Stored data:
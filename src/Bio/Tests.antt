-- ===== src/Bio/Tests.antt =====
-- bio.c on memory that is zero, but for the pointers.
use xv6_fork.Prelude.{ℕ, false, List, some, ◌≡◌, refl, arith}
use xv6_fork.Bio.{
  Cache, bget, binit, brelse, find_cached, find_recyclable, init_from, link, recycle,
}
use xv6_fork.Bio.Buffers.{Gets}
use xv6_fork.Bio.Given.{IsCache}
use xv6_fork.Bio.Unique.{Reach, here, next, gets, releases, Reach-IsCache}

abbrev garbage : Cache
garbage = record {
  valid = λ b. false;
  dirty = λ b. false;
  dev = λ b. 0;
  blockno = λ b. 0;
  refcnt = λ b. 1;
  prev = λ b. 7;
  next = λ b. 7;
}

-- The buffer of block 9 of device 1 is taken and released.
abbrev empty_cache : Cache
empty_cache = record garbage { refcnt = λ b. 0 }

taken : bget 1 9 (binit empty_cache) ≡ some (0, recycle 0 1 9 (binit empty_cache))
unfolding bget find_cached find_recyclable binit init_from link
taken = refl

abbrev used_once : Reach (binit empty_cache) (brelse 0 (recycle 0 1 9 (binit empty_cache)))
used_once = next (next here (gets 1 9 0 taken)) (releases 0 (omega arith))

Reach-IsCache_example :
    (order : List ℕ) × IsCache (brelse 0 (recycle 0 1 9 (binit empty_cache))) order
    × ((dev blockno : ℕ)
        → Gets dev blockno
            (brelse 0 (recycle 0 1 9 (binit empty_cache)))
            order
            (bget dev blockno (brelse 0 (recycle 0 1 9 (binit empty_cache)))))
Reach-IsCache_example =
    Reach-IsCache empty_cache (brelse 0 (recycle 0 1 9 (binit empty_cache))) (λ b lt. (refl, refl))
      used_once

* * *

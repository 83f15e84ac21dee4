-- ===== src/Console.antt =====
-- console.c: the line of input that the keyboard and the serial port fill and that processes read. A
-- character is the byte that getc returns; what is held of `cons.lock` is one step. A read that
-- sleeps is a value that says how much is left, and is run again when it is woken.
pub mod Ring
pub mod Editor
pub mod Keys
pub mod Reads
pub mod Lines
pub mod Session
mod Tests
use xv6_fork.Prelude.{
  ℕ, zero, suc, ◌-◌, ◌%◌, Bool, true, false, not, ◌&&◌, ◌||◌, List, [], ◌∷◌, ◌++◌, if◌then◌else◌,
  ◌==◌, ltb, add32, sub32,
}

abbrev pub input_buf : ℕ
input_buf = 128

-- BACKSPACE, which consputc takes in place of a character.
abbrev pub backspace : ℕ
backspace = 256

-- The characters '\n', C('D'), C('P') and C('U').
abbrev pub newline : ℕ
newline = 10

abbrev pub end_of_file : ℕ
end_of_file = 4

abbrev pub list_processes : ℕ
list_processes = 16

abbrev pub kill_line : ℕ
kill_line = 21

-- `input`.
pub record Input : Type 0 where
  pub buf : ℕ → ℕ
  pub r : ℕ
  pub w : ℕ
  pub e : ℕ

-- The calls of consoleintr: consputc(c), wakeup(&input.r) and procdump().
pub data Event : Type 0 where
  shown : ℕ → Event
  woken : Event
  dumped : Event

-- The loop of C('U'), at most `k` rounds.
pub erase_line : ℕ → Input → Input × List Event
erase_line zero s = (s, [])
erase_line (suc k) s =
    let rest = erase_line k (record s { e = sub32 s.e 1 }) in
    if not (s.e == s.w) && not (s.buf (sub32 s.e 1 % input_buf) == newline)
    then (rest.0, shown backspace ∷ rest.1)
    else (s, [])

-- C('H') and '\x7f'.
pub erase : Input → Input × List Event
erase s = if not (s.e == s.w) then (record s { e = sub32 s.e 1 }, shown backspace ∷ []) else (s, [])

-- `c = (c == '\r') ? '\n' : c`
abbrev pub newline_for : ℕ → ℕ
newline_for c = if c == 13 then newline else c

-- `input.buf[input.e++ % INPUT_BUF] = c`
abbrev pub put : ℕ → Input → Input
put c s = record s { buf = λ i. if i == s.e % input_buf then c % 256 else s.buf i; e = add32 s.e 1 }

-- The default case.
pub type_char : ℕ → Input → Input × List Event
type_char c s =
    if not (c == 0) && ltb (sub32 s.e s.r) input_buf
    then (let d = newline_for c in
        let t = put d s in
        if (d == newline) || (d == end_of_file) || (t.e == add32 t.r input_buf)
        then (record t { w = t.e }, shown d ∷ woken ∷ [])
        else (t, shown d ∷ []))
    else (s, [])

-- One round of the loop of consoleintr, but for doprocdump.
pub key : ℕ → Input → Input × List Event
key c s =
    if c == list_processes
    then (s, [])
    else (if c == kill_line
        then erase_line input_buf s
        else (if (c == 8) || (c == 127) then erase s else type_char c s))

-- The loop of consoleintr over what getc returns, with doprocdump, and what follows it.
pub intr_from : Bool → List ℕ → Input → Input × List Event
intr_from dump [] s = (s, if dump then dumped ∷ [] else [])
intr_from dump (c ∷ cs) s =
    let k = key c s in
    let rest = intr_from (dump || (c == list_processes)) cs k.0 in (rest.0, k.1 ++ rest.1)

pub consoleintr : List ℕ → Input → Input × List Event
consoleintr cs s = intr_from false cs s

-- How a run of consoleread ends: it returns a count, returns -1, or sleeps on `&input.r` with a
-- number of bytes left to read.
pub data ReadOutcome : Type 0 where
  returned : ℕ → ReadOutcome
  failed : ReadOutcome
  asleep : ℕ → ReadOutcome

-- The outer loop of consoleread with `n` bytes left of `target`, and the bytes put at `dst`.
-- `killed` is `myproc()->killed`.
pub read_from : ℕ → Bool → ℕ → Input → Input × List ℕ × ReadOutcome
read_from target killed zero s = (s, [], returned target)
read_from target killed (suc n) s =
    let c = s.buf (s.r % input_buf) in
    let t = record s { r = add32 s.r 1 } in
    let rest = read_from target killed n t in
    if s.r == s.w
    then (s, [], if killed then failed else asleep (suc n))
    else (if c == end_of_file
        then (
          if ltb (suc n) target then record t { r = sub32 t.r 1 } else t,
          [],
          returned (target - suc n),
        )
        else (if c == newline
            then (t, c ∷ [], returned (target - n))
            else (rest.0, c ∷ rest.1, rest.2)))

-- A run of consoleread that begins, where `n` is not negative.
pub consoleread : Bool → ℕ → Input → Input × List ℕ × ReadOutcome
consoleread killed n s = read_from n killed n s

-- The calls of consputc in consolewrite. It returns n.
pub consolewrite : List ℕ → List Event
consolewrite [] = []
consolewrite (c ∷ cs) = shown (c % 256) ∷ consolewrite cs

Exercise
Give back, exactly as written, the stretch from the line with "then (s, [])" through the line with "-- The loop of consoleintr", and no other lines from the records above.

Your solution
    then (s, [])
    else (if c == kill_line
        then erase_line input_buf s
        else (if (c == 8) || (c == 127) then erase s else type_char c s))

-- The loop of consoleintr over what getc returns, with doprocdump, and what follows it.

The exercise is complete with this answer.